# Removing sliding glass door with stucco around it?



## joecaption (Nov 30, 2011)

Got a picture?


----------



## 1time (Dec 16, 2012)

Here are two pictures. A friend said I should have made a cut with an angle grinder before removing the frame. I'm thinking I should trim the stucco and drywall flush with the stud before applying drywall. What do you think about spray foam to fill in gaps and then trim smooth? I'm considering the rounded corner bead at edges or possibly molding on the stucco side since paneling ends 1/2" short of stud, which would bring it 1" short after drywall is installed. Drywall broke off flush with stud in a few places.
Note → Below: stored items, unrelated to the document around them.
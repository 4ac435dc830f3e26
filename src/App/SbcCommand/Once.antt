-- ===== src/App/SbcCommand/Once.antt =====
-- When the command is run, and how often.
use bm_sbc.Prelude.{
  ℕ, ◌+◌, ◌-◌, ◌≡◌, refl, ap, Bool, true, false, Option, none, some, List, [], ◌++◌, ◌==◌, ◌&&◌,
  if◌then◌else◌, length, take-length, length-append, ◌<◌, drop, c_string, starts_with, zero, suc,
  replicate, ltb, leb, ◌||◌, by_if, arith,
}
use bm_sbc.App.SbcCommand.{
  Context, Status, not_run, exited, signalled, AppEvent, exec_text, start_text, stop_text,
  skip_blanks, register_sbc_undo, after_run, run_sbc_command, sbc_command_reply_cb, copied,
}

-- The command has been run exactly if there is one and the time is known.
abbrev pub IsSettled : Context → Type 0
IsSettled s = s.sbc_command_ran ≡ (s.system_time_synced && s.sbc_command_received)

abbrev pub runs : Bool → ℕ
runs true = 1
runs false = 0

abbrev pub Keeps : Context → Context × List AppEvent → Type 0
Keeps s r = IsSettled r.0 × (length r.1 + runs s.sbc_command_ran ≡ runs r.0.sbc_command_ran)

undo_flags :
    (size : ℕ) (cmd : List ℕ) (s : Context)
    → let s' = register_sbc_undo size cmd s in
      (s'.sbc_command_ran ≡ s.sbc_command_ran)
      × (s'.system_time_synced ≡ s.system_time_synced)
      × (s'.sbc_command_received ≡ s.sbc_command_received)
unfolding register_sbc_undo
undo_flags size cmd s = ground arith

after_run_flags :
    (size : ℕ) (status : Status) (cmd : List ℕ) (s : Context)
    → let s' = after_run size status cmd s in
      (s'.sbc_command_ran ≡ s.sbc_command_ran)
      × (s'.system_time_synced ≡ s.system_time_synced)
      × (s'.sbc_command_received ≡ s.sbc_command_received)
after_run_flags size not_run cmd s = (refl, refl, refl)
after_run_flags size (exited code) cmd s = ground (arith, undo_flags size cmd s)
after_run_flags size (signalled signal) cmd s = (refl, refl, refl)

-- Called where a flag may just have been set.
pub run_sbc_command-Keeps :
    (size : ℕ) (status : Status) (s : Context)
    → (s.sbc_command_ran ≡ true → (s.system_time_synced && s.sbc_command_received) ≡ true)
    → Keeps s (run_sbc_command size status s)
unfolding run_sbc_command
run_sbc_command-Keeps size status s h = ground (
  arith,
  after_run_flags size status (c_string s.sbc_command) (record s { sbc_command_ran = true }),
)

-- Running the command leaves the rest as it is.
pub run_sbc_command-flags :
    (size : ℕ) (status : Status) (s : Context)
    → ((run_sbc_command size status s).0.system_time_synced ≡ s.system_time_synced)
      × ((run_sbc_command size status s).0.sbc_command_received ≡ s.sbc_command_received)
unfolding run_sbc_command
run_sbc_command-flags size status s = ground (
  arith,
  after_run_flags size status (c_string s.sbc_command) (record s { sbc_command_ran = true }),
)

abbrev pub KeepsIf : Context → Option (Context × List AppEvent) → Type 0
KeepsIf s none = Unit
KeepsIf s (some r) = Keeps s r × (r.0.system_time_synced ≡ s.system_time_synced)

-- A reply leaves the knowledge of the time as it is.
pub reply-KeepsIf :
    (size : ℕ) (decoded : Option (List ℕ)) (status : Status) (s : Context)
    → IsSettled s
    → KeepsIf s (sbc_command_reply_cb size decoded status s)
unfolding sbc_command_reply_cb
reply-KeepsIf size none status s h = ((h, omega arith), refl)
reply-KeepsIf size (some text) status s h =
    let s' : Context = record s { sbc_command_received = true; sbc_command = copied text s } in
    by_if (KeepsIf s) (length text == 0) _ _ (λ e. ((h, omega arith), refl))
      (λ e.
        by_if (KeepsIf s) (ltb size (length text) || leb size (length (c_string (copied text s)))) _
          _ (λ over. tt)
          (λ fits. (
            run_sbc_command-Keeps size status s' (ground arith),
            (run_sbc_command-flags size status s').0,
          )))

-- A command that starts services: "exec " or not, any number of blanks, "systemctl start ", and the
-- services.
abbrev pub start_command : Bool → ℕ → List ℕ → List ℕ
start_command with_exec blanks services =
    (if with_exec then exec_text else []) ++ (replicate blanks b' ' ++ (start_text ++ services))

skip_blanks-replicate :
    (n : ℕ) (services : List ℕ)
    → skip_blanks (replicate n b' ' ++ (start_text ++ services)) ≡ start_text ++ services
unfolding skip_blanks
skip_blanks-replicate zero services = refl
skip_blanks-replicate (suc n) services = skip_blanks-replicate n services

no_exec :
    (n : ℕ) (services : List ℕ)
    → starts_with exec_text (replicate n b' ' ++ (start_text ++ services)) ≡ false
unfolding starts_with
no_exec zero services = refl
no_exec (suc n) services = refl

-- What follows "exec ", if it stands in front.
without_exec :
    (with_exec : Bool) (n : ℕ) (services : List ℕ)
    → (if starts_with exec_text (start_command with_exec n services)
        then drop 5 (start_command with_exec n services)
        else start_command with_exec n services)
      ≡ replicate n b' ' ++ (start_text ++ services)
unfolding starts_with
without_exec true n services = refl
without_exec false n services = rw (no_exec n services) refl

-- Such a command is undone by "systemctl stop" with the same services, if that fits the array; and the
-- undoing is installed.
pub register_sbc_undo_lem :
    (size : ℕ) (with_exec : Bool) (blanks : ℕ) (services : List ℕ) (s : Context)
    → length services + 15 < size
    → register_sbc_undo size (start_command with_exec blanks services) s
      ≡ record s { sbc_undo_command = stop_text ++ services; pre_exec_cb = true }
unfolding register_sbc_undo starts_with
register_sbc_undo_lem size with_exec blanks services s h =
    let whole =
      take-length (size - 1) (stop_text ++ services)
        (omega (arith, length-append stop_text services)) in
    rw (without_exec with_exec blanks services, skip_blanks-replicate blanks services)
      (ap (λ t. record s { sbc_undo_command = t; pre_exec_cb = true }) whole)
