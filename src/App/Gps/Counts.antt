-- ===== src/App/Gps/Counts.antt =====
-- What others see of the callbacks of apps/gateway/app_main.cpp, counted.
use bm_sbc.Prelude.{
  ℕ, suc, ◌+◌, ◌≡◌, refl, Option, none, some, List, [], ◌∷◌, ◌++◌, map, length, arith,
}
use bm_sbc.App.SbcCommand.{AppEvent}
use bm_sbc.App.SbcCommand.Once.{runs}
use bm_sbc.App.Gps.{GpsEvent, set_clock, command, send, datagram}

-- How often the command is run, the clock is set, and a datagram is sent.
unfoldable pub commands : List GpsEvent → ℕ
commands [] = 0
commands (set_clock s n ok ∷ events) = commands events
commands (command e ∷ events) = suc (commands events)
commands (send bytes ∷ events) = commands events

unfoldable pub clock_sets : List GpsEvent → ℕ
clock_sets [] = 0
clock_sets (set_clock s n ok ∷ events) = runs ok + clock_sets events
clock_sets (command e ∷ events) = clock_sets events
clock_sets (send bytes ∷ events) = clock_sets events

unfoldable pub sends : List GpsEvent → ℕ
sends [] = 0
sends (set_clock s n ok ∷ events) = sends events
sends (command e ∷ events) = sends events
sends (send bytes ∷ events) = suc (sends events)

pub counts-append :
    (xs ys : List GpsEvent)
    → (commands (xs ++ ys) ≡ commands xs + commands ys)
      × (clock_sets (xs ++ ys) ≡ clock_sets xs + clock_sets ys)
      × (sends (xs ++ ys) ≡ sends xs + sends ys)
unfolding commands clock_sets sends
counts-append [] ys = omega arith
counts-append (set_clock s n ok ∷ xs) ys = omega (arith, counts-append xs ys)
counts-append (command e ∷ xs) ys = omega (arith, counts-append xs ys)
counts-append (send bytes ∷ xs) ys = omega (arith, counts-append xs ys)

pub counts-command :
    (es : List AppEvent) (bytes : Option (List ℕ))
    → (commands (map command es ++ datagram bytes) ≡ length es)
      × (clock_sets (map command es ++ datagram bytes) ≡ 0)
unfolding commands clock_sets
counts-command [] none = omega arith
counts-command [] (some b) = omega arith
counts-command (e ∷ es) bytes = omega (arith, counts-command es bytes)

pub sends-command : (es : List AppEvent) → sends (map command es ++ []) ≡ 0
unfolding sends
sends-command [] = refl
sends-command (e ∷ es) = sends-command es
As I'm sure you can tell, I'm a rookie at this.
What is your recommendation? Thanks in advance.
OK, let me try this again...
http://www.diychatroom.com/albums/wall-opening/


----------



## joecaption (Nov 30, 2011)

Still no picture.


----------



## 1time (Dec 16, 2012)

I created an album in the photo tab on this site titled "Wall opening".
Can't paste pictures into reply.
Ok, my pictures were too big. Let's try this.


----------



## 1time (Dec 16, 2012)

How about now?


----------



## huesmann (Aug 18, 2011)

Hard to tell from those small pics, but what I'd probably do is trim the interior of the opening with boards (1x6 or whatever the width is) and use casing trim on the walls on either side.


----------